PROBLEM: For the records that follow, give the number of lines in which the word "good" occurs, with nothing added.

Stored data
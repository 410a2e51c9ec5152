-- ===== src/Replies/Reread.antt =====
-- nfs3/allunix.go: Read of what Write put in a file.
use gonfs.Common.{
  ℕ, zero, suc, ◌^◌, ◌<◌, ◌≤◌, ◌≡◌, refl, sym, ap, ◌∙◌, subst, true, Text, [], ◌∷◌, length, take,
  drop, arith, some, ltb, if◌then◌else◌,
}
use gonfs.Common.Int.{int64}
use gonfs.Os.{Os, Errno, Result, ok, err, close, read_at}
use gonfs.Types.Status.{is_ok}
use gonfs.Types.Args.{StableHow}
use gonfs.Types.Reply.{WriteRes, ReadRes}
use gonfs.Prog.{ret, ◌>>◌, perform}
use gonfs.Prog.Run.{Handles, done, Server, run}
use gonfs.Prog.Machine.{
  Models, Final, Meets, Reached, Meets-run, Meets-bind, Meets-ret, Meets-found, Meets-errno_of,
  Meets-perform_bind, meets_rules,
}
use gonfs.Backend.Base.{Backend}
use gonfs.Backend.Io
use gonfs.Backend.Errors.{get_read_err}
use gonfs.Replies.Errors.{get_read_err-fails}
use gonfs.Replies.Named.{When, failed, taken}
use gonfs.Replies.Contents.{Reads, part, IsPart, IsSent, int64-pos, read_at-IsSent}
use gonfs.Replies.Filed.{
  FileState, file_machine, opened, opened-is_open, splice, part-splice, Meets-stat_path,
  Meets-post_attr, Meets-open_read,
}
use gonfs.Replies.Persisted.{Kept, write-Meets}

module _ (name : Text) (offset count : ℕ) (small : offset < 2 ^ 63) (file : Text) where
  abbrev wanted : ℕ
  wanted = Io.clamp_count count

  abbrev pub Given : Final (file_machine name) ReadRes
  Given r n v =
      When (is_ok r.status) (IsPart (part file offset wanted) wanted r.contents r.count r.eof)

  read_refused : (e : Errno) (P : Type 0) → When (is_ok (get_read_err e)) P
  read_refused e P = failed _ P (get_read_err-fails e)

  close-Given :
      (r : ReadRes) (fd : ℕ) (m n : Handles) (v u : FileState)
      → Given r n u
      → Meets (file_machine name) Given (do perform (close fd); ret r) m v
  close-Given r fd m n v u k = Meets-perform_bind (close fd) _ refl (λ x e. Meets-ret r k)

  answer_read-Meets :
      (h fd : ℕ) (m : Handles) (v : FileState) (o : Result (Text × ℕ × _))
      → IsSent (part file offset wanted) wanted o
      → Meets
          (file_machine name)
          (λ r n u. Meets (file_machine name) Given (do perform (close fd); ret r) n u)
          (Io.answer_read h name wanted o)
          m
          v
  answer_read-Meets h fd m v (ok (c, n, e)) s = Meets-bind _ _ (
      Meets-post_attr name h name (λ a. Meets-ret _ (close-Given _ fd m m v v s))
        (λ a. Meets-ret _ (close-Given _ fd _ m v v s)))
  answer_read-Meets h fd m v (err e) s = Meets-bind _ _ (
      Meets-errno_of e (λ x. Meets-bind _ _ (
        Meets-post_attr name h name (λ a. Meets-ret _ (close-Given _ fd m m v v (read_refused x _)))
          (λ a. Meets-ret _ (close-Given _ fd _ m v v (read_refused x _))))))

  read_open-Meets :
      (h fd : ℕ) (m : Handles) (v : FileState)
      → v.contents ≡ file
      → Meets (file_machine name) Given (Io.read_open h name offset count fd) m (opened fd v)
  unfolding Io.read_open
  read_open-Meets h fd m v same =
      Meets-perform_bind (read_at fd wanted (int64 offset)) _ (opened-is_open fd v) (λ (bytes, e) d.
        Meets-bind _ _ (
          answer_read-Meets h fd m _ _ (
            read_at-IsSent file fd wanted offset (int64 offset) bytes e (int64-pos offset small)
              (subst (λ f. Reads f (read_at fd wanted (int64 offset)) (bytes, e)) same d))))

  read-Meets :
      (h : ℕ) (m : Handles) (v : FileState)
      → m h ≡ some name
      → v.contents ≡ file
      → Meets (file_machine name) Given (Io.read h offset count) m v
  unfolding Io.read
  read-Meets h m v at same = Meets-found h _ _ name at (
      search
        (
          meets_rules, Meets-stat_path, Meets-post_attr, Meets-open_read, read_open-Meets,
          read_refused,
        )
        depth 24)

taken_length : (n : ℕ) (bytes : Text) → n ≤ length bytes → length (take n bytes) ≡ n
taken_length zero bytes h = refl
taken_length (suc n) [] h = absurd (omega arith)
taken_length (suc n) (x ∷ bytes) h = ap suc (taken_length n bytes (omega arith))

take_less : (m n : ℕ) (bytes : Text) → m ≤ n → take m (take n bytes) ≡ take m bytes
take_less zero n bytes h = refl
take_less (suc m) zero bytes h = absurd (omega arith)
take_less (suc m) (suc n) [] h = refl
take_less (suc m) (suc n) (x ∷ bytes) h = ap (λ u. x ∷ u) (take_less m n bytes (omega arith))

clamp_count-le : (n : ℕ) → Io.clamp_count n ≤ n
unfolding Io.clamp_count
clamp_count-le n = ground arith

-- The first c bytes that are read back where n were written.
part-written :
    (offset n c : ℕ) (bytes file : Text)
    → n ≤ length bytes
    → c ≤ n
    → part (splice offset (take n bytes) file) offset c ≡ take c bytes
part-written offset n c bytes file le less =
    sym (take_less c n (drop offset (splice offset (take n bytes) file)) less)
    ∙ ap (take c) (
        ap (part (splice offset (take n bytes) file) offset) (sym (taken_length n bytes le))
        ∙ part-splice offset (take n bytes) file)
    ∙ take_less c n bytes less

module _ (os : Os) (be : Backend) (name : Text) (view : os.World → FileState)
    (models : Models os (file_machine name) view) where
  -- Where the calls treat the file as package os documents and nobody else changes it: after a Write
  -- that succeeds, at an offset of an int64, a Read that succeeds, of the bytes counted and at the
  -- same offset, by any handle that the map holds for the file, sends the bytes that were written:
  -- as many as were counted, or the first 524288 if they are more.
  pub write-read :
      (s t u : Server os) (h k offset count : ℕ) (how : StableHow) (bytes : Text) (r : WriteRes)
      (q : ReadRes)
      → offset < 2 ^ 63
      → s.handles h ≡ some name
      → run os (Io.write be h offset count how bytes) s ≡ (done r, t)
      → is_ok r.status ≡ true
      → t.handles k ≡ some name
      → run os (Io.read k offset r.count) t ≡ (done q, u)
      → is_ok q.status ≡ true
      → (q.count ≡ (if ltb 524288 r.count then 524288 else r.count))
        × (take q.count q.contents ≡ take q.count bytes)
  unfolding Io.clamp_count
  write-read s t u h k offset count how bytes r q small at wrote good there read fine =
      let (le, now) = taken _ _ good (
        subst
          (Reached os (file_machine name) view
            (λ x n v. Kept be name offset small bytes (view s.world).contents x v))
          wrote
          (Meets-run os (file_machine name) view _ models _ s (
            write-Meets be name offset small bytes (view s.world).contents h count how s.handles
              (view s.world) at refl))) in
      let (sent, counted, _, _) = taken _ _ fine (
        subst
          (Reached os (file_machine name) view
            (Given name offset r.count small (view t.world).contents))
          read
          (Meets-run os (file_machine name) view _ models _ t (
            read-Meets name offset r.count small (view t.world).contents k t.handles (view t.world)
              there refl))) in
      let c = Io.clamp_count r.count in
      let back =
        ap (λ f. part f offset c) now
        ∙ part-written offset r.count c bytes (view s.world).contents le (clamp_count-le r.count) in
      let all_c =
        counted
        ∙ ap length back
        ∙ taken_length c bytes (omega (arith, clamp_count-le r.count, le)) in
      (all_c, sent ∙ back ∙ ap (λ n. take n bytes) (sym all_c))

--

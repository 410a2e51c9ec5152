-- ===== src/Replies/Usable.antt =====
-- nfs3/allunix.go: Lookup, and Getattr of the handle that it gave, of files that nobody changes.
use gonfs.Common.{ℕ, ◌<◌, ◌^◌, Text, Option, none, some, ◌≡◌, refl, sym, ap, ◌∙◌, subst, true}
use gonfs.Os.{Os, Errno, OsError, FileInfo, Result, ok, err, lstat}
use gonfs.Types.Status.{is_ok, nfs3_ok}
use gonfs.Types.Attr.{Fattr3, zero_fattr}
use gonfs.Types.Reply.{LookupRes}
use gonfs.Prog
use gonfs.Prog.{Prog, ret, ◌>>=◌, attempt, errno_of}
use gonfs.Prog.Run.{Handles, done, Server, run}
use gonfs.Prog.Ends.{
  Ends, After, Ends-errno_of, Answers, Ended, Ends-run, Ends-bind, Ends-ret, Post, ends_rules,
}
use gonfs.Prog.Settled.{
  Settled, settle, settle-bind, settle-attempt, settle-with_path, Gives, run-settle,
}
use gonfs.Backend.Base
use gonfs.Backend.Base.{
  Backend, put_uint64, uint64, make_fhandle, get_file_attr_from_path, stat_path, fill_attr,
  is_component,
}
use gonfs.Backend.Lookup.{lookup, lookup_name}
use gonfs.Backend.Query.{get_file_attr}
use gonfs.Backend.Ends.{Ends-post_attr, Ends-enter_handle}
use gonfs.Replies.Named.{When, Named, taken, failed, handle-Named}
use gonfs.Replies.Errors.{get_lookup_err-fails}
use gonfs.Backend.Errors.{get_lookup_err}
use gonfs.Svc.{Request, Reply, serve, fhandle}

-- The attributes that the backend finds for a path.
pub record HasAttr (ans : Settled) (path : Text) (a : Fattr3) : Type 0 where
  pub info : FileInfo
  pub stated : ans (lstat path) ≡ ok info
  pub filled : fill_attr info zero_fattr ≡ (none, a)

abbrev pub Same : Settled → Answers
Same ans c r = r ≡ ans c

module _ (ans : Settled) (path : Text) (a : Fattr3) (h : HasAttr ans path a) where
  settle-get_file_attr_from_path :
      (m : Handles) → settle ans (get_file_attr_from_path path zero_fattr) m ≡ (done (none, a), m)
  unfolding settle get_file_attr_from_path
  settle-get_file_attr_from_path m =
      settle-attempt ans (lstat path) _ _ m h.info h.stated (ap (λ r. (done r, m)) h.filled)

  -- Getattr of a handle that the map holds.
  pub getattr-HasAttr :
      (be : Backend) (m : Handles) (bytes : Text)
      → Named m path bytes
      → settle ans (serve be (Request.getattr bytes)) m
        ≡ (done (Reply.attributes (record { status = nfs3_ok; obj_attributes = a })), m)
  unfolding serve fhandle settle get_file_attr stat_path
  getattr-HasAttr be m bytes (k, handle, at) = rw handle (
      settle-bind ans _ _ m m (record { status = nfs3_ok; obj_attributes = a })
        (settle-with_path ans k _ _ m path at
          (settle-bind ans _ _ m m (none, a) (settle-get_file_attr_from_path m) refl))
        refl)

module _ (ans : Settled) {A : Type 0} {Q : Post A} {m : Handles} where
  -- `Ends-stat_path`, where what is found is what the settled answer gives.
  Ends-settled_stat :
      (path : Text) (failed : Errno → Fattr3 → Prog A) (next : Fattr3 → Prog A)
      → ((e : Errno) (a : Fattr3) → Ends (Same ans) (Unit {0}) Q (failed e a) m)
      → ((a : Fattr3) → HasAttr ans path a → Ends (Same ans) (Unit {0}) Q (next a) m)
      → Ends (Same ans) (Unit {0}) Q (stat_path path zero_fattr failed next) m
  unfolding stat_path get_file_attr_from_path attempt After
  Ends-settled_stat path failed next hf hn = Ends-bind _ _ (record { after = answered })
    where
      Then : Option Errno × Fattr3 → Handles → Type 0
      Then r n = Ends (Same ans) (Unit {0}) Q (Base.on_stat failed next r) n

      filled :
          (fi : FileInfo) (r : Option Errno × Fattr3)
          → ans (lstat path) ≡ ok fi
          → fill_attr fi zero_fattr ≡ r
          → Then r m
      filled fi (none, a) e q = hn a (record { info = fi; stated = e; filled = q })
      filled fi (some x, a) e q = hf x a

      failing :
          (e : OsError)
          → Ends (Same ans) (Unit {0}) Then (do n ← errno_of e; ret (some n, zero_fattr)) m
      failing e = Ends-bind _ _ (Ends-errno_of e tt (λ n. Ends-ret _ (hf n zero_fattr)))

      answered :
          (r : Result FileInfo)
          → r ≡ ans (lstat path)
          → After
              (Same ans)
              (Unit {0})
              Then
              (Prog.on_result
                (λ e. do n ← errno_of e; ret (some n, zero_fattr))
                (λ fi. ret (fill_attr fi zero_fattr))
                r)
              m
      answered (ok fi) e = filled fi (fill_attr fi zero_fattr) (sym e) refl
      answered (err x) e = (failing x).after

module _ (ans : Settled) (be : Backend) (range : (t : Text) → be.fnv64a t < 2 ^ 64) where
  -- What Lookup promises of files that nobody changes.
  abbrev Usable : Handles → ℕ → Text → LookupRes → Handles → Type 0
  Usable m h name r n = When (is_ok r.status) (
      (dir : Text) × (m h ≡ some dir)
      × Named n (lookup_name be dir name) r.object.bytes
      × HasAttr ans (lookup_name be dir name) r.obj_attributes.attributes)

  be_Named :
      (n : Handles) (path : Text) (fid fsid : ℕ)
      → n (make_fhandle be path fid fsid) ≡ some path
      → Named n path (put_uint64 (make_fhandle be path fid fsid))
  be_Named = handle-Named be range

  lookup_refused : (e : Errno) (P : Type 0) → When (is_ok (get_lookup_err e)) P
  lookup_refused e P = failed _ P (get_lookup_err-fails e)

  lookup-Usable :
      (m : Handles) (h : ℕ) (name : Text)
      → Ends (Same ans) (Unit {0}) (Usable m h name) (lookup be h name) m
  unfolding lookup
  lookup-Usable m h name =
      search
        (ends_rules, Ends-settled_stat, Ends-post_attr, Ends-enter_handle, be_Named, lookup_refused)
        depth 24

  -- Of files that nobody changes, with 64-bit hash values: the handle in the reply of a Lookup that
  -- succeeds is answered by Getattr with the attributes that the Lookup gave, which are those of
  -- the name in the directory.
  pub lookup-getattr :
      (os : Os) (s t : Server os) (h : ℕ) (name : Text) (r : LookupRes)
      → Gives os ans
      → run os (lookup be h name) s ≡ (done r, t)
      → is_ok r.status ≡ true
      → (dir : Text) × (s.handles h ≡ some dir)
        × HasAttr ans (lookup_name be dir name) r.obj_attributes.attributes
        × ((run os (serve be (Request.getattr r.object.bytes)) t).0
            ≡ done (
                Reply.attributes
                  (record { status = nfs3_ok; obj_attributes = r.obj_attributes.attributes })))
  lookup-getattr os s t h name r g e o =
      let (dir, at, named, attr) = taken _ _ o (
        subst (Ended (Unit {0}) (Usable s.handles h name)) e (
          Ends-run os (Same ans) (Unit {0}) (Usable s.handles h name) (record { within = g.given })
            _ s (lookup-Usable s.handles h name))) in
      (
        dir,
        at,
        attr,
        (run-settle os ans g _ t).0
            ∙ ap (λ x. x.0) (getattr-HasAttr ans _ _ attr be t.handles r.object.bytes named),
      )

TASK OUTPUT: 2